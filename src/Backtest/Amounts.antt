-- ===== src/Backtest/Amounts.antt =====
-- settlement/backtest.py: sides, cash, fees and the application of a fill to a position.
use defi_engine.Base.{
  ℕ, ◌^◌, String, ◌&&◌, ◌||◌, Option, none, some, ltb, ◌==◌, if◌then◌else◌, str_eq, is_none, best,
  select,
}
use defi_engine.Base.Int.{ℤ}
use defi_engine.Base.Text.{codes, strip, lower, same_codes}
use defi_engine.Env.{Env}
use defi_engine.Truth.{Database, Result, return, value_error, ◌>>◌, raise_if, BacktestPosition}
use defi_engine.Paper.{usdc_decimals}

-- `_normalize_side`
unfoldable pub normalize_side : String → Option String
unfolding strip
normalize_side value =
    let normalized = lower (strip (codes value)) in
    if same_codes normalized (codes "buy")
    then some "buy"
    else if same_codes normalized (codes "sell")
    then some "sell"
    else none

module _ (E : Env) where
  open E use {Float, float_zero, int_div, add, sub, mul, div, lt, le}

  -- `_current_cash`
  unfoldable pub current_cash : Database E → ℕ → Float → Float
  current_cash db session_id fallback =
      elim (best
        (λ a b. ltb a.created_at b.created_at || (a.created_at == b.created_at && ltb a.id b.id))
        (select (λ row. row.session_id == session_id) db.backtest_reports)) [
          | none ↦ fallback
          | some report ↦ report.cash_usdc
        ]

  -- `_compute_fee_usdc`
  unfoldable pub compute_fee_usdc : String → ℤ → ℤ → ℤ → Float
  compute_fee_usdc side input_amount output_amount fee_bps =
      let notional =
        int_div (if str_eq side "buy" then input_amount else output_amount) (10 ^ usdc_decimals) in
      mul notional (int_div fee_bps 10_000)

  -- The tuple of `_apply_fill`.
  pub record Applied : Type 0 where
    pub cash_after : Float
    pub net_quantity : Float
    pub cost_basis_usdc : Float
    pub realized_pnl_usdc : Float

  abbrev pub held : Option (BacktestPosition E) → (BacktestPosition E → Float) → Float
  held none get = float_zero
  held (some position) get = get position

  unfoldable pub apply_buy :
      Float → Option (BacktestPosition E) → ℤ → ℤ → ℕ → Float → Result Applied
  apply_buy previous_cash position input_amount output_amount decimals fee_usdc = do
    let notional_usdc = int_div input_amount (10 ^ usdc_decimals)
    let purchased_quantity = int_div output_amount (10 ^ decimals)
    raise_if (le purchased_quantity float_zero)
        (value_error "backtest_fill_output_quantity_invalid")
    let total_cash_required = add notional_usdc fee_usdc
    raise_if (lt previous_cash total_cash_required) (value_error "backtest_fill_cash_insufficient")
    return (record {
      cash_after = sub previous_cash total_cash_required;
      net_quantity = add (held position (λ p. p.net_quantity)) purchased_quantity;
      cost_basis_usdc = add (held position (λ p. p.cost_basis_usdc)) total_cash_required;
      realized_pnl_usdc = held position (λ p. p.realized_pnl_usdc);
    })

  unfoldable pub apply_sell :
      Float → Option (BacktestPosition E) → ℤ → ℤ → ℕ → Float → Result Applied
  apply_sell previous_cash position input_amount output_amount decimals fee_usdc = do
    let current_quantity = held position (λ p. p.net_quantity)
    let current_cost_basis = held position (λ p. p.cost_basis_usdc)
    let sell_quantity = int_div input_amount (10 ^ decimals)
    raise_if (le sell_quantity float_zero) (value_error "backtest_fill_input_quantity_invalid")
    raise_if (is_none position || le current_quantity float_zero)
        (value_error "backtest_fill_sell_without_position")
    raise_if (lt current_quantity sell_quantity)
        (value_error "backtest_fill_sell_quantity_exceeds_position")
    let proceeds_usdc = int_div output_amount (10 ^ usdc_decimals)
    let cost_portion = mul current_cost_basis (div sell_quantity current_quantity)
    let remaining_quantity = sub current_quantity sell_quantity
    let emptied = le remaining_quantity float_zero
    return (record {
      cash_after = sub (add previous_cash proceeds_usdc) fee_usdc;
      net_quantity = if emptied then float_zero else remaining_quantity;
      cost_basis_usdc = if emptied then float_zero else sub current_cost_basis cost_portion;
      realized_pnl_usdc =
          add (held position (λ p. p.realized_pnl_usdc))
            (sub (sub proceeds_usdc fee_usdc) cost_portion);
    })

  -- `_apply_fill`
  unfoldable pub apply_fill :
      String → Float → Option (BacktestPosition E) → ℤ → ℤ → ℕ → Float → Result Applied
  unfolding apply_buy apply_sell
  apply_fill side previous_cash position input_amount output_amount decimals fee_usdc =
      if str_eq side "buy"
      then apply_buy previous_cash position input_amount output_amount decimals fee_usdc
      else apply_sell previous_cash position input_amount output_amount decimals fee_usdc

  -- `_position_value_usdc`
  unfoldable pub position_value_usdc : BacktestPosition E → Float
  position_value_usdc position = elim position.last_mark_price_usdc [
    | none ↦ float_zero
    | some price ↦
        if le position.net_quantity float_zero then float_zero else mul position.net_quantity price
  ]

▬▬▬▬▬▬

__What is needed__: Precisely reproduce the lines of the entries, beginning at the first and ending at the one containing "module _ (E : Env) where". Add nothing.

__Solution__:
filename src/Backtest/Amounts.antt
-- ===== src/Backtest/Amounts.antt =====
-- settlement/backtest.py: sides, cash, fees and the application of a fill to a position.
use defi_engine.Base.{
  ℕ, ◌^◌, String, ◌&&◌, ◌||◌, Option, none, some, ltb, ◌==◌, if◌then◌else◌, str_eq, is_none, best,
  select,
}
use defi_engine.Base.Int.{ℤ}
use defi_engine.Base.Text.{codes, strip, lower, same_codes}
use defi_engine.Env.{Env}
use defi_engine.Truth.{Database, Result, return, value_error, ◌>>◌, raise_if, BacktestPosition}
use defi_engine.Paper.{usdc_decimals}

-- `_normalize_side`
unfoldable pub normalize_side : String → Option String
unfolding strip
normalize_side value =
    let normalized = lower (strip (codes value)) in
    if same_codes normalized (codes "buy")
    then some "buy"
    else if same_codes normalized (codes "sell")
    then some "sell"
    else none

module _ (E : Env) where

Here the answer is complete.